If $\alpha \in \Phi_I$ and $\beta \in \Phi_J$, then $\tau(\alpha) \in H_I$ and $\tau(\beta) \in H_J$. Since $\kappa(I,J)=0$,
\begin{align*}
(\alpha,\beta)=\kappa(\tau(\alpha),\tau(\beta))=0.
\end{align*}
Thus $\Phi$ is the union of two nonempty mutually orthogonal subsets, so $\Phi$ is reducible.
[guided]
Suppose $L$ is not simple. Because $L$ is semisimple, every ideal has a complementary semisimple ideal, so there are nonzero ideals $I,J \trianglelefteq L$ with
\begin{align*}
L=I\oplus J.
\end{align*}
The two ideals commute. Indeed,
\begin{align*}
[I,J]\subset I
\end{align*}
because $I$ is an ideal, and also
\begin{align*}
[I,J]\subset J
\end{align*}
because $J$ is an ideal. Hence
\begin{align*}
[I,J]\subset I\cap J=0.
\end{align*}
Now we compare the Killing form on the two summands. For each $x \in L$, define the adjoint endomorphism
\begin{align*}
\operatorname{ad}x: L &\to L \\
z &\mapsto [x,z].
\end{align*}
If $x \in I$ and $y \in J$, then $\operatorname{ad}x$ maps $I$ into $I$ and kills $J$ after composition with $\operatorname{ad}y$, while $\operatorname{ad}y$ maps $J$ into $J$ and kills $I$ after composition with $\operatorname{ad}x$. Thus $\operatorname{ad}x \operatorname{ad}y$ has trace zero, so
\begin{align*}
\kappa(x,y)=0.
\end{align*}
Therefore
\begin{align*}
\kappa(I,J)=0.
\end{align*}
Let
\begin{align*}
H_I=H\cap I,
\qquad
H_J=H\cap J.
\end{align*}
We use the componentwise Cartan decomposition for direct sums of semisimple ideals. Its hypotheses are satisfied because $I$ and $J$ are semisimple ideals and $L=I\oplus J$. It gives
\begin{align*}
H=H_I\oplus H_J.
\end{align*}
The same result says that the roots of $L$ relative to $H$ are exactly the roots coming from $I$ and the roots coming from $J$, extended by zero on the other Cartan summand, and that each root space lies entirely in the corresponding ideal. Accordingly define
\begin{align*}
\Phi_I &= \{\alpha \in \Phi : L_\alpha \subset I\},\\
\Phi_J &= \{\alpha \in \Phi : L_\alpha \subset J\}.
\end{align*}
Then
\begin{align*}
\Phi=\Phi_I\sqcup\Phi_J.
\end{align*}
Both $\Phi_I$ and $\Phi_J$ are nonempty, since $I$ and $J$ are nonzero semisimple Lie algebras and therefore have nonempty root systems relative to their Cartan subalgebras.
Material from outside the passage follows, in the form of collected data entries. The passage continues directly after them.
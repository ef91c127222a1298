-- ===== src/Runtime/Dispatch/Setup.antt =====
-- Well-formed graphs, and the loops of JobDispatch as folds over lists.
use mmo_server.Common.{ℕ, zero, suc, ◌+◌, ◌^◌, ◌≤◌, ◌<◌, ◌≡◌, ◌≢◌, refl, List, [], ◌∷◌, count}
use mmo_server.Runtime.Phase.{RuntimePhaseId, phase_index}
use mmo_server.Runtime.Graph.{TaskGraph, max_nodes, get_node}
use mmo_server.Runtime.Dispatch.{JobDispatch, release_child, release_from, release_successors}
use mmo_server.Runtime.Dispatch.Counting.{sum_to}

-- `n` entries of an array, from index `e` on.
abbrev pub slice : ℕ → ℕ → (ℕ → ℕ) → List ℕ
slice zero e a = []
slice (suc n) e a = a e ∷ slice n (e + 1) a

module _ (g : TaskGraph) where
  -- The id of node `i`, the successors of a task and the position of a task's phase.
  abbrev pub node_id : ℕ → ℕ
  node_id i = (g.nodes i).id

  abbrev pub children : ℕ → List ℕ
  children t = slice (get_node g t).child_count (get_node g t).dependency_offset g.child_task_ids

  abbrev pub parents : ℕ → ℕ
  parents t = (get_node g t).parent_count

  abbrev pub phase_of : ℕ → ℕ
  phase_of t = phase_index (get_node g t).phase_id

  abbrev pub IsTask : ℕ → Type 0
  IsTask t = (g.task_id_to_node_index t < g.node_count) × (node_id (g.task_id_to_node_index t) ≡ t)

  -- What a graph must satisfy before it is handed to JobDispatch: ids are in range and found by the
  -- index table; edges lead to tasks of the same phase or a later one; the parent count of a task
  -- is the number of edges that lead to it; the nodes of a phase are its range; and a rank grows
  -- along every edge, so that there is no cycle.
  pub record IsWellFormed : Type 0 where
    pub few : g.node_count ≤ max_nodes
    pub ids_small : (i : ℕ) → i < g.node_count → node_id i < max_nodes
    pub indexed : (i : ℕ) → i < g.node_count → g.task_id_to_node_index (node_id i) ≡ i
    pub closed : (t c : ℕ) → IsTask t → count c (children t) ≢ 0 → IsTask c
    pub forward : (t c : ℕ) → IsTask t → count c (children t) ≢ 0 → phase_of t ≤ phase_of c
    pub counted :
        (t : ℕ) → IsTask t → parents t ≡ sum_to g.node_count (λ i. count t (children (node_id i)))
    pub narrow : (t : ℕ) → IsTask t → parents t < 2 ^ 32
    pub in_range :
        (p : RuntimePhaseId) (i : ℕ)
        → i < g.node_count
        → phase_index (g.nodes i).phase_id ≡ phase_index p
        → ((g.phase_ranges p).begin ≤ i) × (i < (g.phase_ranges p).begin + (g.phase_ranges p).count)
    pub range_nodes :
        (p : RuntimePhaseId) (k : ℕ)
        → k < (g.phase_ranges p).count
        → ((g.phase_ranges p).begin + k < g.node_count)
          × (phase_index (g.nodes ((g.phase_ranges p).begin + k)).phase_id ≡ phase_index p)
    pub rank : ℕ → ℕ
    pub ranked : (t c : ℕ) → IsTask t → count c (children t) ≢ 0 → rank t < rank c

  -- Releasing a list of children, one after the other.
  unfoldable pub release_list : JobDispatch → List ℕ → JobDispatch
  release_list d [] = d
  release_list d (c ∷ cs) = release_list (release_child g d c) cs

  pub release_from-list :
      (n e : ℕ) (d : JobDispatch)
      → release_from g n e d ≡ release_list d (slice n e g.child_task_ids)
  unfolding release_from release_list
  release_from-list zero e d = refl
  release_from-list (suc n) e d =
      release_from-list n (e + 1) (release_child g d (g.child_task_ids e))

  pub release_successors-list :
      (d : JobDispatch) (t : ℕ) → release_successors g d t ≡ release_list d (children t)
  unfolding release_successors
  release_successors-list d t = release_from-list _ _ d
It remains to check orthogonality. Choose $\alpha \in \Phi_I$ and $\beta \in \Phi_J$. The Killing-dual elements satisfy
\begin{align*}
\tau(\alpha)\in H_I,
\qquad
\tau(\beta)\in H_J.
\end{align*}
Since $H_I \subset I$ and $H_J \subset J$, and since $\kappa(I,J)=0$, we get
\begin{align*}
(\alpha,\beta)=\kappa(\tau(\alpha),\tau(\beta))=0.
\end{align*}
Thus every root from $\Phi_I$ is orthogonal to every root from $\Phi_J$. Hence $\Phi$ is reducible.
[/guided]
[/step]
[step:Build Lie subalgebras from an orthogonal decomposition of the root system]
Assume conversely that $\Phi$ is reducible. Then there are nonempty subsets $\Phi_1,\Phi_2 \subset \Phi$ such that
\begin{align*}
\Phi=\Phi_1\sqcup\Phi_2
\end{align*}
and
\begin{align*}
(\alpha,\beta)=0
\end{align*}
for every $\alpha \in \Phi_1$ and every $\beta \in \Phi_2$.
For $i \in \{1,2\}$, define the Cartan part
\begin{align*}
H_i=\operatorname{span}_k\{\tau(\alpha):\alpha \in \Phi_i\}\subset H
\end{align*}
and define the subspace
\begin{align*}
L_i = H_i \oplus \bigoplus_{\alpha \in \Phi_i} L_\alpha \subset L.
\end{align*}
Because $\Phi_i$ is closed under negation and under addition whenever the sum is a root, the root-space bracket relations imply
\begin{align*}
[L_i,L_i]\subset L_i.
\end{align*}
Thus $L_1$ and $L_2$ are Lie subalgebras of $L$.
[guided]
Now suppose the root system is reducible. This means that we can write it as a disjoint union
\begin{align*}
\Phi=\Phi_1\sqcup\Phi_2
\end{align*}
where both $\Phi_1$ and $\Phi_2$ are nonempty and mutually orthogonal:
\begin{align*}
(\alpha,\beta)=0
\end{align*}
for all $\alpha \in \Phi_1$ and $\beta \in \Phi_2$.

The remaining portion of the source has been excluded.